• PorkrollPosadist [he/him, they/them]
    ·
    edit-2
    3 years ago

    Under "normal" Capitalism, money follows a circuit known as MCM'. Money (M) gets invested in Capital (C ) which generates more money (M', which can be turned around and invested in even more capital). As the rate of profit falls, investors grow more hesitant about investing in capital. They start to think, what if I just invest in financial instruments instead? Cut out the C and just go straight from M to M'. This is the money fetish. This is the driving force behind financialization

    The further financialization progresses, the more divorced the economy becomes from any underlying material conditions of production or distribution. Today we have reached at the extreme end of this cycle.

    • Quimby [any, any]
      ·
      3 years ago

      Do you have a paper that talks about this? Because this is a brilliant way to frame it.

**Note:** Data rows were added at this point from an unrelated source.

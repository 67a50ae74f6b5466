-- ===== src/Util/Address.antt =====
-- `is_private_or_reserved_ip` of oidc-gateway/src/util.rs.
pub mod Blocks
pub mod Ipv6
use Prim.Native.Nat.{bit_and}
use jetauth.Prelude.{leb, ℕ, Bool, true, false, ◌/◌, ◌%◌, ◌&&◌, ◌||◌, ◌==◌, if◌then◌else◌, nat_eq}

pub data IpAddr : Type 0 where
  v4 : (a b c d : ℕ) → IpAddr
  v6 : (s0 s1 s2 s3 s4 s5 s6 s7 : ℕ) → IpAddr

-- The arm of IPv4, on the four octets.
unfoldable pub is_private_v4 : ℕ → ℕ → ℕ → ℕ → Bool
is_private_v4 a b c d =
    if a == 0
    then true
    else if a == 10
    then true
    else if a == 127
    then true
    else if a == 169 && b == 254
    then true
    else if a == 172 && (leb 16 b && leb b 31)
    then true
    else if a == 192 && b == 168
    then true
    else if a == 100 && (leb 64 b && leb b 127)
    then true
    else if a == 192 && (b == 0 && c == 2)
        || a == 198 && (b == 51 && c == 100)
        || a == 203 && (b == 0 && c == 113)
    then true
    else if leb 224 a
    then true
    else false

-- `is_loopback() || is_unspecified()` of an IPv6 address: ::1 or ::
unfoldable pub is_loopback_or_unspecified : (s0 s1 s2 s3 s4 s5 s6 s7 : ℕ) → Bool
is_loopback_or_unspecified s0 s1 s2 s3 s4 s5 s6 s7 =
    s0 == 0
    && (s1 == 0 && (s2 == 0 && (s3 == 0 && (s4 == 0 && (s5 == 0 && (s6 == 0 && leb s7 1))))))

unfoldable pub is_private_or_reserved_ip : IpAddr → Bool
unfolding is_private_v4 is_loopback_or_unspecified
is_private_or_reserved_ip (v4 a b c d) = is_private_v4 a b c d
is_private_or_reserved_ip (v6 s0 s1 s2 s3 s4 s5 s6 s7) =
    if is_loopback_or_unspecified s0 s1 s2 s3 s4 s5 s6 s7
    then true
    else if bit_and s0 0xffc0 == 0xfe80
    then true
    else if bit_and s0 0xfe00 == 0xfc00
    then true
    else if bit_and s0 0xff00 == 0xff00
    then true
    else if s0 == 0 && (s1 == 0 && (s2 == 0 && (s3 == 0 && (s4 == 0 && s5 == 0xffff))))
    then is_private_v4 (s6 / 256) (s6 % 256) (s7 / 256) (s7 % 256)
    else false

      • PorkrollPosadist [he/him, they/them]
        ·
        edit-2
        3 years ago

        It comes from the second or third volume of Capital (which I haven't read) but gets talked about a lot in Giovanni Arrighi's "The Long Twentieth Century" which examines the rise, fall, and transitions of various global financial systems.

        Sean from Antifada did an episode with Terrance from The Trillbillies a while back about the Arrighi book, but the book itself is a banger.

        • Quimby [any, any]
          ·
          3 years ago

          The MCM part is from the 4th volume of capital, I think. but I don't remember the MM part. is that also in there?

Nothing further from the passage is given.